Across these entries, how many lines contain the word "List"? Answer with only the number.

== RECORDS TO PROCESS ==

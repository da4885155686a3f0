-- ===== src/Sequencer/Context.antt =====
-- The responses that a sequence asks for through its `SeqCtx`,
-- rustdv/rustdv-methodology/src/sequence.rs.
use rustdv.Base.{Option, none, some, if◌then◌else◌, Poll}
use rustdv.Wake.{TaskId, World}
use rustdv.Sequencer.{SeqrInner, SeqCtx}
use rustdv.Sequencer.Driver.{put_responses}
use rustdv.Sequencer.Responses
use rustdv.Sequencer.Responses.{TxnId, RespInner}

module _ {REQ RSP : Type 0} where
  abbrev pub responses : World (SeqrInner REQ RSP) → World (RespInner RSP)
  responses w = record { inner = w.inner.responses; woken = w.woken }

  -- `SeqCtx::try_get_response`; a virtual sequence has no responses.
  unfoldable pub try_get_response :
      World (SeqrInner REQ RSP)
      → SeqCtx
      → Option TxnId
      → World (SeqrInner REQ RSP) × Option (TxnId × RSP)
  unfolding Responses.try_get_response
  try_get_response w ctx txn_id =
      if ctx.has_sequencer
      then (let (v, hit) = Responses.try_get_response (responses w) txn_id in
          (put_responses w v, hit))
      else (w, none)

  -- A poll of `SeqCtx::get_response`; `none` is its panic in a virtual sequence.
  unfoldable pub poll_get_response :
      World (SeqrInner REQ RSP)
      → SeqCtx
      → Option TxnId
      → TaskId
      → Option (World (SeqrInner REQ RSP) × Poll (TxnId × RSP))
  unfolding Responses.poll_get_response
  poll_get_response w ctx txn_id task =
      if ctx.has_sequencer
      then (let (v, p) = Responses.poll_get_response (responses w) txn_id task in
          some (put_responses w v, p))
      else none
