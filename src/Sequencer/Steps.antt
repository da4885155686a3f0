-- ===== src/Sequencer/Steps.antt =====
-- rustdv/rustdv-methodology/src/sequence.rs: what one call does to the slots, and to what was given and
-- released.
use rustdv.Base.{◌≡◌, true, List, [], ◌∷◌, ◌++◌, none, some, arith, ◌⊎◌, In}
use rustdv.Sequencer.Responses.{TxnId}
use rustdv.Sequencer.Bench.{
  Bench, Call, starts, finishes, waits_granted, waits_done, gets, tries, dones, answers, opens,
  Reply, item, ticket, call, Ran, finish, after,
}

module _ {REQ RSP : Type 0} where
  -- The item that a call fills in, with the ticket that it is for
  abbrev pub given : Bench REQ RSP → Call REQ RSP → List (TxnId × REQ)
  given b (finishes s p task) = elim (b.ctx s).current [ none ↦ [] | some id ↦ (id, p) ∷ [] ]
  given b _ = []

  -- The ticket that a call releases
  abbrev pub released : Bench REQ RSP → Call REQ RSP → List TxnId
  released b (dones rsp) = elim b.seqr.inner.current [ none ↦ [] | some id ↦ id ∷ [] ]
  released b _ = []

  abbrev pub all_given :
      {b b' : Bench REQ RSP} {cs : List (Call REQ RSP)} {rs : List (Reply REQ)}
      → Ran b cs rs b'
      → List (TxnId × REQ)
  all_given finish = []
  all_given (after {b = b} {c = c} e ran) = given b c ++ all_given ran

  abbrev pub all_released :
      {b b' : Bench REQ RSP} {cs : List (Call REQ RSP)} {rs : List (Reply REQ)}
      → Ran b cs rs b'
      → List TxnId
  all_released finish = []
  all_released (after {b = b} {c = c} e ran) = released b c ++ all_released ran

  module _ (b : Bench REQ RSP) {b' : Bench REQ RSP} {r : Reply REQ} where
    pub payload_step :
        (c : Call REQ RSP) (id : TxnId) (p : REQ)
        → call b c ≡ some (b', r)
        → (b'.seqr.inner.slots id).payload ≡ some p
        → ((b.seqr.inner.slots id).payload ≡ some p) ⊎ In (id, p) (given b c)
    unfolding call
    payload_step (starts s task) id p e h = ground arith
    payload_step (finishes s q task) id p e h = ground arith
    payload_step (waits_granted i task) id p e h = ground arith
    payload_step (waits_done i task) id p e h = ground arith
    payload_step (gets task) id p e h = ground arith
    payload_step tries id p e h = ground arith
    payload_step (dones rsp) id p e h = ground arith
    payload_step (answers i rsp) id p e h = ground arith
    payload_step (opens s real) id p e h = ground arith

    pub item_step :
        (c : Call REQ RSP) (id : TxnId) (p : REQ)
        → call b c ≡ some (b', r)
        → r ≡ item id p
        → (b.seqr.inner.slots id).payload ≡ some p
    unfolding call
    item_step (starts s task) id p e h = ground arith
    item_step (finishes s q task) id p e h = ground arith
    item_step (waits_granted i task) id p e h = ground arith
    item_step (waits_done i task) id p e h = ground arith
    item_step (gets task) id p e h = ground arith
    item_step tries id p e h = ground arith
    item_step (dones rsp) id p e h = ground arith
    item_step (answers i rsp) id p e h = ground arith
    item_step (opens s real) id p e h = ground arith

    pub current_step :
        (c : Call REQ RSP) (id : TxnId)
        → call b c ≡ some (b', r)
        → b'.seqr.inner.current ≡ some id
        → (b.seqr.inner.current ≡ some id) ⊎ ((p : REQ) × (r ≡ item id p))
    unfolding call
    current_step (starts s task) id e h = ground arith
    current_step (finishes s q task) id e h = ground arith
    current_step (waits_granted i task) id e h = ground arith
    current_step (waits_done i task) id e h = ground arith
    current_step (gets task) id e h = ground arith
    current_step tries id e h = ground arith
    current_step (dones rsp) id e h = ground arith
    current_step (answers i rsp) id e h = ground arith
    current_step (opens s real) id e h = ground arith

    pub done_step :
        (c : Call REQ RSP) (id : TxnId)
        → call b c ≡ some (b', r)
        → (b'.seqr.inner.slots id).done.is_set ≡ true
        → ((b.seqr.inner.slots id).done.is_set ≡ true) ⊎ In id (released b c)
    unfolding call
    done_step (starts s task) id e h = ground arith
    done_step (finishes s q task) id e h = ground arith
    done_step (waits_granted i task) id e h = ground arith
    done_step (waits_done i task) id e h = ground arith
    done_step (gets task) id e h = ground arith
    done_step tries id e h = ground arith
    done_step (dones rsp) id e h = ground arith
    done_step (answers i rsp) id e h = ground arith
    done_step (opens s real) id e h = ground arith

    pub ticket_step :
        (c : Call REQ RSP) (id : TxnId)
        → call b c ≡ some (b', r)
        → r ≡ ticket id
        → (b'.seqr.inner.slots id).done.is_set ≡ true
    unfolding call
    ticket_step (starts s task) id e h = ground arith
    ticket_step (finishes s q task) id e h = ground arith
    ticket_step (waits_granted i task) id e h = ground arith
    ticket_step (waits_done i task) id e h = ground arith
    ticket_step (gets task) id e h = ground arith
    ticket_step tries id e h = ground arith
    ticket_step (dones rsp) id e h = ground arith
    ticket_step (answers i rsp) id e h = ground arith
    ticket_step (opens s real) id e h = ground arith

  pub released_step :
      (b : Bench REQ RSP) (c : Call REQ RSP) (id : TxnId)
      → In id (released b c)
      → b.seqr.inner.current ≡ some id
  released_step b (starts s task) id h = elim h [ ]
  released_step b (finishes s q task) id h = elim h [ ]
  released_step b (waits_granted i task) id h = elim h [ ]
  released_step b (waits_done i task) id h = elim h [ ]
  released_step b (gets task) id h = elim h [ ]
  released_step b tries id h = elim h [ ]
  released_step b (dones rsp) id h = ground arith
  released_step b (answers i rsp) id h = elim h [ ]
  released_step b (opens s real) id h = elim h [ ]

===

FINISHED EXERCISE: 7